# Well, I said I was done with Peppermills for awhile...



## Alan Sweet (Jul 17, 2015)

... not ...

The spalted mills sell well and the Spetraply Mill will probably go early too.

Both mills are 10". The splated mill is a version of 8" versions I have done before.

Reactions: Like 6 | EyeCandy! 4 | Way Cool 5 | +Karma 1


----------



## Jerry B (Jul 17, 2015)

they both look nice, but that spectraply is outstanding 
when I put Spectraply Pm's in the local stores, they don't last 2 weekends and they're gone, people love the look


----------



## TimR (Jul 17, 2015)

Yep, like Jerry said, both very nice and the spectraply is indeed outstanding.


----------



## barry richardson (Jul 17, 2015)

I love the wood and shape on both of em...


----------



## ironman123 (Jul 17, 2015)

Good looking mills.


----------



## manbuckwal (Jul 17, 2015)

Shagadelic !!!! Definite eye catchers !


----------



## Nature Man (Jul 18, 2015)

Double header -- both righteous in their own way.
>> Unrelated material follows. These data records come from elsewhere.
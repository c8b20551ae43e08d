-- ===== src/Gateway/Quota/Atomic.antt =====
-- `reserve` as one look at the store, and what its settlement leaves.
use agent_studio.Base.{
  ℕ, suc, ◌+◌, ◌-◌, ◌≡◌, refl, Bool, true, Option, none, some, List, [], ◌∷◌, arith, ltb, ap,
}
use agent_studio.Base.Eq.{list_eq, nat_eq}
use agent_studio.Base.Text.{Text}
use agent_studio.Gateway.Quota.{
  HashStore, reserved, spent, Level, levels, Limits, Payer, level_key, Result, holds, reserve,
  reserve_levels, reconcile, reconcile_script, settle_keys,
}
use agent_studio.Gateway.Quota.Scripts.{reserved-reconcile_script, spent-reconcile_script}
use agent_studio.Gateway.Quota.Held.{held, IsHeld}
use agent_studio.Gateway.Quota.Reserve.{Agrees, first_over, limited_keys, reserve_levels-Agrees}
use agent_studio.Gateway.Quota.Keys.{level_key-IsApart}

module _ {S : Type 0} (redis : HashStore S) (up : ℕ → Bool) where
  reserve-reserve_levels :
      (soft : ℕ) (limits : Limits) (p : Payer) (est : ℕ) (s : S)
      → ltb 0 est ≡ true
      → reserve redis true up soft limits p est s
        ≡ reserve_levels redis up soft limits (level_key p) est levels [] [] 0 s
  unfolding reserve
  reserve-reserve_levels soft limits p est s h = rw h refl

  nothing-IsHeld : (est : ℕ) (s : S) → IsHeld redis est [] s s
  unfolding held
  nothing-IsHeld est s j = (omega arith, refl)

  -- When every call of a script is answered, a reservation decides by the store before it. If each
  -- limited level has room, the keys of these levels are charged once, in order, and nothing else
  -- changes; if not, the first level without room is named with its limit and the whole dollars that
  -- it has used, and every field of every hash reads as before.
  pub reserve-Agrees :
      (soft : ℕ) (limits : Limits) (p : Payer) (est : ℕ) (s : S)
      → ((n : ℕ) → up n ≡ true)
      → ltb 0 est ≡ true
      → Agrees redis limits
          (level_key p)
          est
          s
          (first_over redis limits (level_key p) est s levels)
          (limited_keys redis limits (level_key p) est levels)
          (reserve redis true up soft limits p est s)
  reserve-Agrees soft limits p est s ok h = rw (reserve-reserve_levels soft limits p est s h) (
      reserve_levels-Agrees redis limits (level_key p) est up soft ok levels [] [] 0 s s
        (level_key-IsApart redis limits p est) (nothing-IsHeld est s))

  settle_keys_lem :
      (est actual : ℕ) (keys : List Text) (n : ℕ) (t : S)
      → ((n : ℕ) → up n ≡ true)
      → (j : Text)
      → (redis.hget j reserved (settle_keys redis up est actual keys n t)
          ≡ redis.hget j reserved t - held est j keys)
        × (redis.hget j spent (settle_keys redis up est actual keys n t)
            ≡ redis.hget j spent t + held actual j keys)
  unfolding settle_keys held
  settle_keys_lem est actual [] n t ok j = (omega arith, omega arith)
  settle_keys_lem est actual (k ∷ ks) n t ok j = rw (ok n) (
      ground (
        arith,
        settle_keys_lem est actual ks (suc n) (reconcile_script redis k est actual t) ok j,
        reserved-reconcile_script redis k j est actual t,
        spent-reconcile_script redis k j est actual t,
      ))

  abbrev keys_of : Result → List Text
  keys_of (holds keys alerts) = keys
  keys_of _ = []

  Agrees-IsHeld :
      (limits : Limits) (key : Level → Text) (est : ℕ) (s t : S) (o : Option Level)
      (all keys : List Text) (alerts : List Level)
      → Agrees redis limits key est s o all (t, holds keys alerts)
      → IsHeld redis est keys s t
  Agrees-IsHeld limits key est s t none all keys alerts (al, same, h) = rw (ap keys_of same) h
  Agrees-IsHeld limits key est s t (some l) all keys alerts (same, h) = absurd (cc)

  -- When every call is answered, a reservation that is reconciled with an actual cost leaves what
  -- is reserved as it was before, and adds that cost to what each of its keys has spent; so a
  -- released one, with a cost of 0, leaves every field as it was before.
  pub reconcile-reserve :
      (soft : ℕ) (limits : Limits) (p : Payer) (est actual : ℕ) (s t : S) (keys : List Text)
      (alerts : List Level)
      → ((n : ℕ) → up n ≡ true)
      → ltb 0 est ≡ true
      → reserve redis true up soft limits p est s ≡ (t, holds keys alerts)
      → (j : Text)
      → (redis.hget j reserved (reconcile redis up est actual keys t) ≡ redis.hget j reserved s)
        × (redis.hget j spent (reconcile redis up est actual keys t)
            ≡ redis.hget j spent s + held actual j keys)
  unfolding reconcile
  reconcile-reserve soft limits p est actual s t keys alerts ok h found j =
      let says = rw found at (reserve-Agrees soft limits p est s ok h) in
      ground (
        arith,
        Agrees-IsHeld limits (level_key p) est s t _ _ keys alerts says j,
        settle_keys_lem est actual keys 0 t ok j,
      )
Chuck


----------



## DKMD (Jul 18, 2015)

Love the shapes!


----------



## ripjack13 (Jul 18, 2015)

Hmm...I like that spectra ply look. And as always anything spalted is very nice.
Great job...


----------



## Graybeard (Jul 19, 2015)

Excellent mills. Mind sharing where you get your spectra ply blanks?
Graybeard


----------



## Alan Sweet (Jul 20, 2015)

That was my last one,...

However, I saw some at Woodcraft for $25, 11.5 inches ...which I think is a bit overpriced. They are suppose to be coming available again this month or next.


----------



## The PenSmith (Jul 26, 2015)

Those are some sweet looking pepper mills, nice job indeed!!


----------



## NYWoodturner (Jul 26, 2015)

Fantastic mills Alan. I'm not a fan of Spectrally but DAMN you can't argue with results! That second one is outstanding. I love the way the grey and the blue in combination with the shape looks like an eye.


----------